La posizione di Trump è molto diversa. Nel primo dibattito elettorale ha accusato la candidata democratica di non avere il coraggio di usare un paio di parole – «law» e «order» – senza le quali non si può avere un paese sicuro, ma l’impressione è che il suo programma sia orientato verso un “order” e “order”, con la propensione a individuare nelle minoranze etniche la principale causa di insicurezza delle città americane. Trump ha criticato duramente Obama per i provvedimenti di clemenza, per la riduzione dei minimi di pena obbligatori – riforma condivisa dal Partito Repubblicano – e persino un provvedimento con cui in Virginia è stato concesso il diritto di voto a 200.000 detenuti. Ma il tratto distintivo di Trump è la sua visione della società americana, una nazione in cui criminalità e violenza sono fuori controllo. Nel suo programma non c’è traccia di una proposta strutturata di riforma del sistema, non ci sono posizioni chiare su temi come l’isolamento carcerario, la giustizia minorile o programmi di riabilitazione per ridurre la recidiva, ma solo la rappresentazione di una nazione allo sbando, in mano a gang di immigrati irregolari. Il suo modello di sicurezza è la New York di Rudy Giuliani, e per questo è favorevole al ritorno dello «stop and frisk», la procedura usata dalla polizia di New York che consisteva nel fermare le persone per la strada, interrogarle e perquisirle alla ricerca di armi.

«Cammini per la strada e ti sparano», sostiene, anche se le statistiche dicono il contrario: dagli anni novanta a oggi i tassi di criminalità negli Stati Uniti sono scesi sensibilmente, e anche negli ultimi due anni sono rimasti all’interno di questa tendenza. Ma le ragioni di tale ridimensionamento non sono legate alle politiche di carcerazione di massa e alla repressione indiscriminata. Secondo un rapporto del Brennan Centre for Justice, queste politiche hanno avuto un effetto limitato nella riduzione dei tassi di criminalità fino agli anni novanta, e un effetto inesistente a partire dal 2000. In ogni caso il sistema penale viene oggi considerato  sproporzionato, socialmente ed economicamente insostenibile e irrimediabilmente contaminato da un pregiudizio razziale. Da questo punto di vista Trump, al di là degli slogan su legge e ordine e la difesa a oltranza del secondo emendamento, non propone soluzioni per la riforma dell’apparato repressivo, a differenza di Hillary Clinton, per cui il sistema va riequilibrato, riducendo lo spazio della giustizia penale, i minimi obbligatori di pena, rafforzando i programmi di reinserimento sociale e sciogliendo una volta per tutte questo legame perverso tra questione razziale e istinto securitario.
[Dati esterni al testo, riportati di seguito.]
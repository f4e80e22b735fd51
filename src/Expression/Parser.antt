-- ===== src/Expression/Parser.antt =====
-- parser.rs: a Pratt parser. `perform_parse` takes fuel, one unit for each token that is still to
-- come and one more; the functions that it calls take it, at less fuel, as an argument.
pub mod Atoms
pub mod Forms
pub mod Infix
pub mod Parse
pub mod Within
pub mod Branches
pub mod FormsWithin
pub mod InfixWithin
pub mod Fuel
pub mod Precedence
pub mod Arrays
La necessità di una riforma è ormai entrata nel dibattito pubblico ed è largamente condivisa da un fronte politico che va dai repubblicani a Black Lives Matters: la sua disuguaglianza e la sua insostenibilità appaiono irrecuperabili dopo decenni in cui ci si è rivolti a repressione e prigione come unica soluzione per combattere il crimine, ignorando studi e statistiche sull’efficacia delle misure alternative nel ridurre la recidiva e prevenire la criminalità. I tassi di criminalità negli Stati Uniti sono a un minimo storico ma Donald Trump racconta agli americani un paese che non esiste, inventandosi quello spazio vuoto, sospeso tra la realtà e la sua percezione, in cui si giocheranno anche queste elezioni presidenziali.